Unsure where to begin contributing to Atom? You can start by looking through these beginner and help-wanted issues: Beginner issues - issues which should only require a few lines of code, and a test or two. Help wanted issues - issues which should be a bit more involved than beginner issues.

Working on your first open source project or pull request? Here are some helpful tutorials:

  • [How to Contribute to an Open Source Project on GitHub][2]
  • [Make a Pull Request][3]
  • [First Timers Only][4]

Getting Started

Some requirements are necessary to run the code and some are necessary.:

  • node.js 14.0.0 or higher
  • npm 8.0.0 or higher
  • docker 4.0.0 or higher

In order to execute the project, the easiest way is, without a doubt, to execute the following commands:

git clone <project>
cd <project>/src && npm install && cd ..
docker-compose up

Development Process

In order to start the development of any new feature that is in the project, the first thing to do is to find something available on the keepsecrets organisation's github project.

Once we find an available task, let's imagine that the ticket is called "delete old secrets", we create a branch from main with the following naming.

git checkout -b feature/delete-old-secrets

From then on the development has to follow the style guide set out in the code and follow the principles of the clean architecture.

Testing

If you add code you need to add tests! We’ve learned the hard way that code without tests is undependable. If your pull request reduces our test coverage because it lacks tests then it will be rejected.

All functionalities must be tested at least on a unitary basis.

Style Guidelines

Our style guide is given by eslint, with the google preset, to check if your code passes the style guide check enter the following command, in the project

npm run lint

If some errors appear, you can try automatic linting.

npm run lint -- --fix

If errors still occur, they must be corrected manually.

Code Formatting

For the moment nothing to add here, the style guide is enough.

Whitespace Cleanup

Don’t mix code changes with whitespace cleanup! If you are fixing whitespace, include those changes separately from your code changes. If your request is unreadable due to whitespace changes, it will be rejected.
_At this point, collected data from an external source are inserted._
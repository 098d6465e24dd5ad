-- ===== src/Files/Revise.antt =====
-- The guards and the transaction of `update_file_secret` in app/routers/file_versions.py.
use phantom_share.Prelude.{ℕ, ◌+◌, String, not, Option, some, [], ◌∷◌, ◌==◌, leb}
use phantom_share.Result.{
  http, version_conflict, database_error, Result, ok, ◌>>=◌, ◌>>◌, raise_if, or_raise,
}
use phantom_share.Sql.{select_one, insert, update, delete, exists, max_of}
use phantom_share.Schema.{Db, SecretRow, num, str, secret_is, key_of, version_is}
use phantom_share.Permissions.{CurrentUser, require_owns_secret}
use phantom_share.Crypto.{Bytes, Primitives}
use phantom_share.Audit.{Entry, log_last}
use phantom_share.Keys.{new_key, version_number}
use phantom_share.Versions.Inserts.{Request, is_file}
use phantom_share.Files.Form.{FileDraw, Stored, file_version, pending_is}

pub record FileUpdate : Type 0 where
  pub upload : Bytes
  pub filename : Option String
  pub content_type : Option String
  pub expected_version : ℕ
  pub change_note : Option String

pub record FileUpdated : Type 0 where
  pub secret_id : ℕ
  pub version : ℕ
  pub size : ℕ

abbrev pub updated_entry : ℕ → ℕ → ℕ → Request → ℕ → Entry
updated_entry id user version request size = record {
  action = "secret_updated";
  actor_id = some user;
  actor_ip = some request.client_ip;
  secret_id = some id;
  metadata = ("version", num version) ∷ ("payload_type", str "file") ∷ ("size", num size) ∷ [];
}

abbrev pub at_version : ℕ → ℕ → SecretRow → SecretRow
at_version version now r = record r { current_version = version; updated_at = now }

-- The guards before the upload.
unfoldable pub check_file_update : ℕ → ℕ → ℕ → CurrentUser → Db → Result (Unit {0})
check_file_update max_secret_versions id expected who db = do
  secret ← or_raise (select_one (secret_is id) db.secrets) (http 404 "Secret not found")
  require_owns_secret secret.owner_id who
  raise_if (not (is_file secret.payload_type)) (http 409 "Use the text update endpoint")
  raise_if (not (secret.current_version == expected)) (version_conflict secret.current_version)
  raise_if (leb max_secret_versions expected) (http 409 "Maximum versions reached")

module _ (prims : Primitives) (id : ℕ) (body : FileUpdate) (drawn : FileDraw) (request : Request)
    (who : CurrentUser) (stored : Stored) where
  -- The writes of the transaction: a key, a version and the row of the secret.
  unfoldable pub write_revision : Db → Db
  write_revision db =
      let key_version = max_of (key_of id) version_number db.secret_keys + 1 in
      let version = body.expected_version + 1 in
      record db {
        secret_keys =
            insert (new_key prims id drawn.draw key_version (some request.now)) db.secret_keys;
        secret_versions =
            insert
              (file_version id version key_version stored body.content_type who.id body.change_note
                request.now)
              db.secret_versions;
        secrets = update (secret_is id) (at_version version request.now) db.secrets;
        pending_uploads = delete (pending_is drawn.pending_id) db.pending_uploads;
      }

  -- The guards behind the SELECT … FOR UPDATE.
  unfoldable pub check_revision : Db → Result (Unit {0})
  check_revision db = do
    locked ←
        or_raise (select_one (secret_is id) db.secrets) (http 409 "Secret changed during upload")
    raise_if (not (locked.current_version == body.expected_version))
        (http 409 "Secret changed during upload")
    require_owns_secret locked.owner_id who
    raise_if (exists (version_is id (body.expected_version + 1)) db.secret_versions) database_error

  -- The transaction.
  unfoldable pub revise : Db → Result (Unit {0} × Db)
  revise db = do
    check_revision db
    ok (
      tt,
      log_last "info" (updated_entry id who.id (body.expected_version + 1) request stored.size)
          request.now db (write_revision db),
    )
Please submit whitespace cleanups in a separate pull request.

Git Commit Guidelines

Commits are something personal. Merge commits are something else, that definition will be given in the pull request process.

Pull Request Process

All pull requests must comply with the following.

  • The merge commit has to be named the same as the branch, in order to be able to find the ticket faster and to know what should be done.
  • In the merge commit description you have to specify what has been done and how it has been tested.
  • Before merging: the entire branch must be rebased with main.
  • Before merging: the whole branch must be squashed.
  • The PR cannot be merged if there are unresolved issues.

Review Process

The main focus of the code review should be on a few very specific points.

  • Create the code as semantic as possible.
  • Follow clean architecture guide lines
  • Test everything

Comments must be left based on a category, there are 3 types of comments.

  • Green: Code suggestions, do not have to be applied.
  • Yellow: Something goes against the guidlines and the change must be enforced.
  • Red: Something is so wrong, that the work must be permanently blocked and a conversation about what has been done must be held.